Center On Exec Comp Urges SEC to Regulate Proxy Advisors, While DOL Takes Steps to Prohibit Worst Conflicts

November 12, 2010

As say on pay requirements take effect in 2011 and companies grow increasingly concerned about the unchecked influence of proxy advisory firms, positive regulatory initiatives at the SEC and DOL have the potential to mitigate the most egregious conflicts of interest and the growth of inaccuracies in research and voting recommendations.

Center’s SEC Comments Focus on Greater Transparency, Prohibition of Conflicts  Our Center On Executive Compensation filed comments with the SEC in response to its concept release seeking input on reform of the proxy voting system, including the role of proxy advisors.  The comments explained the need for greater regulation of proxy advisory firms, including the influence of the proxy advisors as documented in academic studies, the conflicts in their business models, and the growing inaccuracies in reports provided to investors.  To address these problems, the Center recommended that the SEC:

  • prohibit advisors from providing consulting services to companies and proxy voting recommendations to investors;
  • require advisors to disclose all fees received from proponents or issuers in connection with shareholder resolutions filed with or voted on by the advisors’ clients;
  • require institutional investors who submitted shareholder resolutions to disclose the fees paid to proxy advisors and the services they obtained;
  • require corporations to disclose in their annual proxy statements whether they have paid fees for consulting services to a proxy firm and the amount of those fees; and
  • require the SEC to conduct periodic reviews of proxy advisory firm research reports and voting recommendations for accuracy, similar to the reviews of company filings conducted under Sarbanes-Oxley.
    The SEC is expected to propose changes to the proxy voting systems later next year.
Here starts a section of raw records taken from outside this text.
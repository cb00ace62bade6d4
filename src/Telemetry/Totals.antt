-- ===== src/Telemetry/Totals.antt =====
-- What a series amounts to: packages/telemetry/src/index.ts, `updateMetric` and its callers.
use tracegarden.Prelude.{
  ◌≡◌, refl, inl, inr, Bool, true, false, not, ◌&&◌, ◌||◌, Option, none, some, List, [], ◌∷◌,
  if◌then◌else◌, Bool-cases, some_inj, Str, ◌===◌, ===_iff, ===_refl,
}
use tracegarden.Prelude.Dict.{Dict, get, set, get-set}
use tracegarden.Telemetry.Names.{is_metric_name}
use tracegarden.Telemetry.Signals.{
  Host, CorrelationMetadata, MetricType, counter, gauge, TelemetrySignal, MetricValue,
}
use tracegarden.Telemetry.Runtime.{Runtime, dispatch, log_signal, start_span}
use tracegarden.Telemetry.Metrics.{
  Add, adds, sets, defines, update_metric, dispatch_sample, define_counter, define_gauge, increment,
  set_counter, set_gauge, series_key, next_value, target,
}
use tracegarden.Telemetry.Steps.{Call, World, step, run}
use tracegarden.Telemetry.Kept.{kept_span, kept_end_span, kept_fail_span}
use mathlib.Core.Option

abbrev same_kind : MetricType → MetricType → Bool
same_kind counter counter = true
same_kind counter gauge = false
same_kind gauge counter = false
same_kind gauge gauge = true

module _ {Num : Type 0} (host : Host Num) where
  abbrev added : Add → Num → Num → Num
  added adds v x = host.plus v x
  added sets v x = x
  added defines v x = x

  -- What an update does to the value `v` of the series of a type under a key.
  abbrev updated : MetricType → Str → MetricType → Str → Dict Str → Add → Num → Num → Num
  updated kind key k name labels add x v =
      if same_kind k kind && is_metric_name name && series_key host name labels === key
      then added add v x
      else v

  -- What one call does to it.
  abbrev replay_call : MetricType → Str → Call Num → Num → Num
  replay_call kind key (Call.define k name labels) v =
      updated kind key k name labels defines host.zero_value v
  replay_call kind key (Call.add name x labels c now) v =
      if not (host.is_finite x) || host.is_negative x
      then v
      else updated kind key counter name labels adds x v
  replay_call kind key (Call.put counter name x labels c now) v =
      if not (host.is_finite x) || host.is_negative x
      then v
      else updated kind key counter name labels sets x v
  replay_call kind key (Call.put gauge name x labels c now) v =
      if not (host.is_finite x) then v else updated kind key gauge name labels sets x v
  replay_call kind key (Call.log l e c a now) v = v
  replay_call kind key (Call.start n c a u now) v = v
  replay_call kind key (Call.end i a now) v = v
  replay_call kind key (Call.fail i e now) v = v

  abbrev pub replay : MetricType → Str → List (Call Num) → Num → Num
  replay kind key [] v = v
  replay kind key (call ∷ calls) v = replay kind key calls (replay_call kind key call v)

  -- The series of a type under a key has a value.
  abbrev pub HasValue : MetricType → Str → Num → Runtime Num → Type 0
  HasValue kind key v r =
      Option.map (λ (s : MetricValue Num). s.value) (get key (target host kind r)) ≡ some v

  dispatch-HasValue :
      (kind : MetricType) (key : Str) (v : Num) (signal : TelemetrySignal Num) (r : Runtime Num)
      → HasValue kind key v r
      → HasValue kind key v (dispatch signal r)
  unfolding dispatch
  dispatch-HasValue counter key v signal r h = h
  dispatch-HasValue gauge key v signal r h = h

  set-HasValue :
      (key key' : Str) (v : Num) (sample : MetricValue Num) (m : Dict (MetricValue Num))
      → (key' === key) ≡ false
      → Option.map (λ (s : MetricValue Num). s.value) (get key m) ≡ some v
      → Option.map (λ (s : MetricValue Num). s.value) (get key (set key' sample m)) ≡ some v
  set-HasValue key key' v sample m apart h = rw get-set (rw apart h)

  next_value-added :
      (add : Add) (p : MetricValue Num) (x v : Num)
      → p.value ≡ v
      → next_value host add (some p) x ≡ added add v x
  next_value-added adds p x v e = rw e refl
  next_value-added sets p x v e = refl
  next_value-added defines p x v e = refl

  map-some :
      (o : Option (MetricValue Num)) (v : Num)
      → Option.map (λ (s : MetricValue Num). s.value) o ≡ some v
      → (p : MetricValue Num) × (o ≡ some p) × (p.value ≡ v)
  map-some none v e = cc
  map-some (some p) v e = (p, refl, some_inj p.value v e)

  -- An update leaves the runtime or writes the series.
  either_way :
      (P : Runtime Num → Type 0) (bad full : Bool) (r r' : Runtime Num)
      (sample : Option (MetricValue Num))
      → P r
      → P r'
      → let result : Runtime Num × Option (MetricValue Num) =
          if bad then (r, none) else if full then (r, none) else (r', sample) in
        P result.0
  either_way P true full r r' sample h h' = h
  either_way P false true r r' sample h h' = h
  either_way P false false r r' sample h h' = h'

  update_metric-HasValue :
      (kind k : MetricType) (key name : Str) (x v : Num) (labels : Dict Str) (add : Add)
      (r : Runtime Num)
      → HasValue kind key v r
      → HasValue kind key
          (updated kind key k name labels add x v)
          (update_metric host k name x labels add r).0
  unfolding update_metric
  update_metric-HasValue counter gauge key name x v labels add r h =
      elim (Bool-cases (is_metric_name name)) [
        | inr bad ↦ rw bad h
        | inl good ↦ rw good (either_way (HasValue counter key v) false _ r _ _ h h)
      ]
  update_metric-HasValue gauge counter key name x v labels add r h =
      elim (Bool-cases (is_metric_name name)) [
        | inr bad ↦ rw bad h
        | inl good ↦ rw good (either_way (HasValue gauge key v) false _ r _ _ h h)
      ]
  update_metric-HasValue counter counter key name x v labels add r h =
      elim (Bool-cases (is_metric_name name)) [
        | inr bad ↦ rw bad h
        | inl good ↦ elim (Bool-cases (series_key host name labels === key)) [
          | inl same ↦
              let (p, found, is) = map-some (get key r.counters) v h in
              let e = (===_iff (series_key host name labels) key).0 same in
              rw (good, same, e, found) (rw (get-set, ===_refl, next_value-added add p x v is) refl)
          | inr apart ↦
              rw (good, apart)
                (either_way (HasValue counter key v) false _ r _ _ h
                  (set-HasValue key _ v _ r.counters apart h))
        ]
      ]
  update_metric-HasValue gauge gauge key name x v labels add r h =
      elim (Bool-cases (is_metric_name name)) [
        | inr bad ↦ rw bad h
        | inl good ↦ elim (Bool-cases (series_key host name labels === key)) [
          | inl same ↦
              let (p, found, is) = map-some (get key r.gauges) v h in
              let e = (===_iff (series_key host name labels) key).0 same in
              rw (good, same, e, found) (rw (get-set, ===_refl, next_value-added add p x v is) refl)
          | inr apart ↦
              rw (good, apart)
                (either_way (HasValue gauge key v) false _ r _ _ h
                  (set-HasValue key _ v _ r.gauges apart h))
        ]
      ]

  dispatch_sample-HasValue :
      (kind : MetricType) (key : Str) (v : Num) (c : CorrelationMetadata) (now : Str)
      (p : Runtime Num × Option (MetricValue Num))
      → HasValue kind key v p.0
      → HasValue kind key v (dispatch_sample host c now p)
  dispatch_sample-HasValue kind key v c now (r, none) h = h
  dispatch_sample-HasValue kind key v c now (r, some sample) h = dispatch-HasValue kind key v _ r h

  guarded-HasValue :
      (kind : MetricType) (key : Str) (v v' : Num) (test : Bool) (r r' : Runtime Num)
      → HasValue kind key v r
      → HasValue kind key v' r'
      → HasValue kind key (if test then v else v') (if test then r else r')
  guarded-HasValue kind key v v' true r r' h h' = h
  guarded-HasValue kind key v v' false r r' h h' = h'

  step-HasValue :
      (kind : MetricType) (key : Str) (call : Call Num) (w : World Num) (v : Num)
      → HasValue kind key v w.runtime
      → HasValue kind key (replay_call kind key call v) (step host call w).runtime
  unfolding step log_signal start_span define_counter define_gauge increment set_counter set_gauge
  step-HasValue kind key (Call.log l e c a n) w v h = dispatch-HasValue kind key v _ w.runtime h
  step-HasValue kind key (Call.start n c a u t) w v h = dispatch-HasValue kind key v _ w.runtime h
  step-HasValue kind key (Call.end i a n) w v h =
      kept_span (HasValue kind key v) i _
        (kept_end_span host (HasValue kind key v) (dispatch-HasValue kind key v) a n) w.spans
        w.runtime h
  step-HasValue kind key (Call.fail i e n) w v h =
      kept_span (HasValue kind key v) i _
        (kept_fail_span host (HasValue kind key v) (dispatch-HasValue kind key v) e n) w.spans
        w.runtime h
  step-HasValue kind key (Call.define counter n l) w v h =
      update_metric-HasValue kind counter key n host.zero_value v l defines w.runtime h
  step-HasValue kind key (Call.define gauge n l) w v h =
      update_metric-HasValue kind gauge key n host.zero_value v l defines w.runtime h
  step-HasValue kind key (Call.add n x l c t) w v h =
      guarded-HasValue kind key v _ _ w.runtime _ h (
        dispatch_sample-HasValue kind key _ c t _
          (update_metric-HasValue kind counter key n x v l adds w.runtime h))
  step-HasValue kind key (Call.put counter n x l c t) w v h =
      guarded-HasValue kind key v _ _ w.runtime _ h (
        dispatch_sample-HasValue kind key _ c t _
          (update_metric-HasValue kind counter key n x v l sets w.runtime h))
  step-HasValue kind key (Call.put gauge n x l c t) w v h =
      guarded-HasValue kind key v _ _ w.runtime _ h (
        dispatch_sample-HasValue kind key _ c t _
          (update_metric-HasValue kind gauge key n x v l sets w.runtime h))

  -- Whatever calls are made, a series that has the value `v` ends with what the calls on it make of
  -- `v`, in their order: an increment by a finite amount that is not negative adds it, a finite value
  -- that is set replaces it (a negative one only in a gauge), a definition sets it to 0, and every
  -- other call, a call on another series or with a malformed name too, leaves it.
  pub run-HasValue :
      (kind : MetricType) (key : Str) (calls : List (Call Num)) (w : World Num) (v : Num)
      → HasValue kind key v w.runtime
      → HasValue kind key (replay kind key calls v) (run host calls w).runtime
  unfolding run
  run-HasValue kind key [] w v h = h
  run-HasValue kind key (call ∷ calls) w v h =
      run-HasValue kind key calls (step host call w) (replay_call kind key call v)
        (step-HasValue kind key call w v h)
    Proposed DOL Rules Would Expand Fiduciary Duties for Proxy Advisors  In a very positive development, regulations recently proposed by the Department of Labor expanding ERISA fiduciary liability to virtually anyone providing investment advice to pension funds would apply to ISS and Proxy Governance. They may also prohibit ISS from providing consulting services.  The proposed regulations cover the two firms because they are “registered investment advisers,” and depending on how the regulations are interpreted, they could apply to all proxy firms.  The regulations impose fiduciary status on those who provide advice or make recommendations on the management of securities or other property owned by pension funds for a fee, and explicitly apply to the “advice and recommendations as to the exercise of rights appurtenant to shares or stock (e.g., voting proxies).”   Under the regulations, proxy advisory firms would become subject to the wide range of fiduciary duties and obligations under ERISA, such as the duties of loyalty and prudence, and would be prohibited from engaging in self-dealing transactions (e.g., providing consulting services and proxy voting recommendations simultaneously).   ERISA imposes significant civil penalties and excise taxes for fiduciary violations.   Responding to criticisms about the breadth of the rule, DOL Assistant Secretary for the Employee Benefits Security Administration, Phyllis Borzi, said, “if it dries up the schlocky advice that . . .  fiduciaries are getting, I don’t have a problem with that.”  The Center will file comments on the proposed regulations urging DOL to cover all proxy advisors and prohibit the worst conflicts of interest.